Ceramic pendant lamp with Misty Mountain pattern
Photo via Rachael Kroeker

For beautifully handcrafted tableware and lighting, look no further than Winnipeg-based ceramist Rachael Kroeker. We particularly love her Misty Mountain series, featuring a soothing gradient of blue casting slip that evokes the mountains and the sea. She’s also known for her signature marbled cups, bowls, and jewellery. You can find Rachael’s work in the online Gardiner Shop or through her website.

Janet Macpherson

Large deer head and small deer decorated with sgraffito
Photo via Janet Macpherson

Janet Macpherson’s 2017 acclaimed exhibition A Canadian Bestiary at the Gardiner Museum remains one of our most talk-about shows. Janet is known for her slip-cast porcelain creatures and her deft use of sgraffito, a technique in which a surface layer is incised to reveal a ground of contrasting colour. Endearing and unsettling at the same time, her work is immediately recognizable and beloved by visitors and collectors alike.

Eiko Maeda

Nerikomi porcelain bowl
Photo via Eiko Maeda

Japanese-Canadian ceramist Eiko Maeda has captured the attention of pottery lovers with her use of nerikomi, a decorative process from Japan that involves stacking colored clay and then slicing through it to reveal a pattern. You can watch Eiko demonstrate this mesmerizing process in a video produced by CBC Arts in 2017. Eiko shares photos of her elegant bowls and vessels on her Instagram page, often with beams of light streaming through the delicate porcelain. The online Gardiner Shop features a wonderful selection of her pieces, and they never last long on the shelves.

Heidi McKenzie

Vintage photographs printed on ceramic blocks
Photo via Heidi McKenzie

A Toronto-based ceramic artist and arts journalist, Heidi McKenzie once apprenticed in her father’s ancestral home at the foothills of the Himalayas with India’s foremost studio potter, Mini Singh. In 2019, the Gardiner Shop held a solo exhibition of her work titled Family Matters featuring photographic images on clay that spoke to her mixed Indo-Trinidadian/Irish-American heritage. In 2020, we paid a virtual visit to Heidi’s home studio as part of our “3 Works” artist series (watch it online). We love to follow her progress on Instagram as she experiments with innovative techniques for printing on ceramics.

Lindsay Montgomery

Charger with the image of a woman-dragon hybrid
Photo via Lindsay Montgomery

Lindsay Montgomery’s ceramics are not for the faint of heart. Fiery and grotesque, her astoundingly detailed works are populated by goblins, witches, and demons. In an interview with Canadian Art Magazine, Lindsay discussed the influence of Italian Renaissance Maiolica in her practice and her desire to bring a contemporary feminist perspective to this centuries-old craft. Also a respected educator, Lindsay has taught at the Gardiner Museum, Sheridan College, and Concordia University.
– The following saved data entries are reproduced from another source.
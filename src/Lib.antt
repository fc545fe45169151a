-- ===== src/Lib.antt =====
-- Fry Chain: a proof-of-work chain for device networks, written in Rust as a set of crates under
-- crates/. This library models the parts that decide what the chain's state is, and proves what
-- they promise.
--
-- The program. frychain-core has the primitives: hashes, amounts, addresses, the account state and
-- the record of its changes, Merkle trees, transactions, blocks and the chain's configuration.
-- frychain-storage keeps blocks in a key-value database. frychain-consensus decides which blocks are
-- accepted, and which block is the head of the chain. frychain-vm runs contracts under a gas meter.
-- frychain-depin keeps the registry of devices and a market for their data. A block's transactions
-- root is the root of a Merkle tree over the hashes of its signed transactions; the validation of a
-- block recomputes it; the configuration sets the rewards and the minimum gas price. The import of a
-- block reads its parent from the store, validates the block against it, checks its proof of work,
-- stores it, and goes on to the pending block that waited for it.
--
-- The files.
--   Prelude, Prelude/*   names of the libraries, tests into Bool, lists measured by native numbers,
--                        the class of keys with a decidable equality, and panics as values
--   Results              `Result` with its `?`
--   Words, Words/*       u64 and u128 arithmetic: wrapping, checked and saturating; bits and bytes
--   HashMap, HashMap/*   `HashMap` as a list of entries with distinct keys
--   Core/Hash            crates/frychain-core/src/types.rs: `Hash256`, `meets_difficulty`
--   Core/Difficulty      the same file: `Difficulty::to_target`
--   Core/Amount          the same file: tokens, gas, gas prices, nonces, heights
--   Core/Address         crates/frychain-core/src/address.rs: addresses and derived addresses
--   Core/State           crates/frychain-core/src/state.rs: accounts, transfers, code, storage
--   Core/Changes         the same file: `StateChanges` and `apply_changes`
--   Core/Config          crates/frychain-core/src/config.rs: presets and the reward schedule
--   Core/Merkle          crates/frychain-core/src/merkle.rs: `MerkleTree`, `MerkleProof`
--   Core/Transaction     crates/frychain-core/src/transaction.rs: transactions and their hashes
--   Core/Block           crates/frychain-core/src/block.rs: headers, bodies, structural checks
--   Storage              crates/frychain-storage/src/lib.rs and db.rs: `StorageError`, `Database`
--   Storage/Chain        crates/frychain-storage/src/chain.rs: `ChainStore`; its abstract view, and what
--                        it is to represent one, are in Storage/Chain/Spec
--   Storage/Toy          a database in memory, codecs and blocks, for the tests; with
--                        Storage/Paid, a block with a transaction
--   Consensus/Validation crates/frychain-consensus/src/validation.rs: `BlockValidator`
--   Consensus/Chain      crates/frychain-consensus/src/chain.rs: `Blockchain`; the import of
--                        a block is in Consensus/Chain/Import
--   Depin/Did            crates/frychain-depin/src/did.rs: identifiers and documents of devices
--   Depin/Registry       crates/frychain-depin/src/registry.rs: `DeviceInfo`, `DeviceRegistry`
--   Depin/Market         crates/frychain-depin/src/data.rs: `DataListing`, `DataMarketplace`
--   Depin/M2m            crates/frychain-depin/src/m2m.rs: `M2MTransaction`, `M2MProtocol`
--   Vm/Gas               crates/frychain-vm/src/gas.rs: `GasMeter` and the cost functions
--   Vm/Types             crates/frychain-vm/src/types.rs and lib.rs: contexts, results, errors
--   Vm/Action            the state monad of the machines, with errors and panics, the loop of
--                        `execute`, and what a discipline on the states keeps
--   Vm/Avm               crates/frychain-vm/src/avm.rs: the TEAL interpreter; its instructions are
--                        in Vm/Avm/Ops, `step` and `execute` in Vm/Avm/Run
--   Vm/Sbf               crates/frychain-vm/src/sbf.rs: the register machine, with its memory in
--                        Vm/Sbf/Memory, its instructions in Vm/Sbf/Ops, `step` and `execute` in
--                        Vm/Sbf/Run
-- Below each of these, files named for what they prove. The Tests files apply the theorems to
-- concrete inputs.
--
-- How the code is modelled. A struct is a record and an enum a data type, with the source's fields
-- and constructors where the spelling allows; a function is named as in the source, and where two
-- share a name a comment gives the source's. A method that changes `self` returns the new value.
-- Machine integers are natural numbers with the wrap-around of the release build written out. A
-- byte string is a list of numbers. An error is a value of a result type; a panic (an index out of
-- bounds, a division by zero) is one too: `panic` in Prelude/Panics, `none` in Core/Config, `crash`
-- in the machines. The machines are a state monad with errors: after an error the state is kept as
-- the code leaves it. Messages of errors leave out the numbers that they format.
--
-- SHA2-256 and SHA3-256, CryptoNight, the verification of signatures, the clock, random ids, the
-- size of a serialized block, bincode, JSON, the UTF-8 bytes of a string and the text of a hash are
-- arguments of the definitions that use them. Core/Merkle/Binding and Storage/Chain assume of a
-- hash that it has 32 bytes. RocksDB is the record `Rocks`, and a write may fail; the theorems
-- assume `IsLawful`: after a write that succeeds, a read finds the last value written to its column
-- family and key. Of bincode they assume that a value that was serialized reads back (`AreCodecs`,
-- `AreAllCodecs`),
-- and of the text of a hash that no two hashes share one.
--
-- Fuel. The search of the next power of two has fuel for the number itself, the construction of a
-- Merkle tree for the number of its leaves, a proof for one more: running out is a panic in the
-- model, and the theorems that these functions are `done` show that it does not happen. The loop of a
-- machine has rounds for half of the gas limit and one more, since every instruction charges two
-- units of gas. Parsing a program has a round for every eight bytes. An import has one round more
-- than there are pending blocks, since each round but the last takes one of them out.
--
-- Not modelled: floating point (the adjustment of the difficulty with `next_difficulty`, hash
-- rates), text and JSON forms, threads and sockets, the cryptographic libraries, the sparse Merkle
-- tree, the Pact and Kaspa machines, the store of the account state, the network and the
-- command-line tools. The locks of the chain are not modelled
-- either: an import is a sequence of steps without others in between.
pub mod Prelude
pub mod Words
pub mod HashMap
pub mod Results
pub mod Storage
pub mod Core
pub mod Consensus
pub mod Depin
pub mod Vm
In 2018, she was the recipient of the prestigious Winifred Shantz Award, presented annually by the Canadian Clay & Glass Gallery. You might just want to avoid scrolling through her feed before bed.

Julie Moon

Green and red ceramic figure with wavy limbs
Photo via Julie Moon

Julie Moon studied fashion technology and spent over a decade working in the garment industry before she discovered clay. Her eye for graphics, colour, and pattern is evident in everything she creates, from ceramic sculptures to handmade jewellery and functional pipes. She exhibited her work at the Gardiner Museum in 2012 as one of the nominees for the RBC Emerging Artist People’s Choice Award, and again in 2019 as one of the featured artists at the International Ceramic Art Fair (ICAF). Her highly-coveted work can be purchased in our online Shop or through her website. We recently paid Julie a virtual visit via Instagram Live (watch now).

Nadia Myre

Hanging bundles of clay pipe stems strung together
Photo via Nadia Myre

While Montreal-based interdisciplinary artist Nadia Myre works in a variety of media, some of her most striking pieces are made of clay. A member of the Kitigan Zibi Anishnabeg First Nation, Nadia draws attention to the power and histories of Indigenous textile practices that she situates in a colonial context. Her recent exhibitions Balancing Acts (Textile Museum of Canada, 2019) and Code Switching and Other Work (The Briggait, Glasgow International, 2018) featured pieces made from woven clay tobacco pipe shards. Nadia is one of three finalists under consideration to design a new public artwork honouring the ongoing Indigenous presence on Turtle Island, slated for installation at the Gardiner in 2022.

Sharon Norwood

Vintage porcelain painted with curly black lines
Photo via Sharon Norwood

A Canadian artist of Jamaican ancestry, Sharon Norwood currently maintains her art practice between Florida and Georgia. She aims to disrupt the white gaze and other passive notions of viewing “the other,” and to question standing narratives and systems that shape how identities are understood. Sharon first caught our eye with her series Hair Matters, which features overglaze drawings on vintage China. In her work, the curly line becomes a signifier of the Black body. As a museum that houses a major collection of European porcelain, including hundreds of tea and coffee wares, Sharon’s thought-provoking work encourages us to see our collection in new ways.

Linda Sormin

Abstract ceramic sculpture with tangles of clay
Photo via Linda Sormin

Linda Sormin’s Instagram is a treasure trove of behind-the-scenes studio videos and detail shots of her intricate ceramic installations that explore upheaval, fragility, migration, and change. Born in Bangkok, she immigrated to Canada at the age of five. After working in community development for four years in Thailand and Laos, Linda studied ceramics at Andrews University, Sheridan College, and Alfred University. She is currently Associate Professor of Studio Art at New York University. In the summer of 2020, the Gardiner Museum’s Chief Curator Sequoia Miller hosted a special Instagram Live with Linda, in which she took viewers into her home studio (watch it on YouTube).

Sami Tsang

eramic bust with smaller ceramic figure dangling from its ear
Photo via Sami Tsang

Ceramic artist Sami Tsang moved to Canada from Hong Kong at the age of 12. She grew up as the youngest child in a conservative family where her voice was not always heard or welcomed. At age 20, she began resisting her traditional role and started using openness and humour in her ceramics to overcome feelings of guilt and shame. In 2019, she won the Gardiner Museum Award at the Sheridan Graduate Show, and will present an exhibition of new work at the Museum this fall. Sami is currently working toward a Master of Ceramic Art at the prestigious Alfred University. Her work can be purchased online in the Gardiner Shop.

Shannon Weston

Abstract sculpture of a body with scarification
Photo via Shannon Weston

Since first exhibiting Shannon Weston’s work at the Gardiner Museum in 2020, she’s became an instant favourite. Shannon was named the winner of the Sheridan Graduate Show’s Gardiner Museum Award and will have the opportunity to mount an exhibition at the Museum later this year. We can’t wait to see what she has in store!  Shannon draws inspiration from African scarification patterns to create work that preserves and promotes Black beauty and strength. She is currently an artist in residence at Harbourfront Centre, and a selection of her “body spheres” are available in our online Gardiner Shop.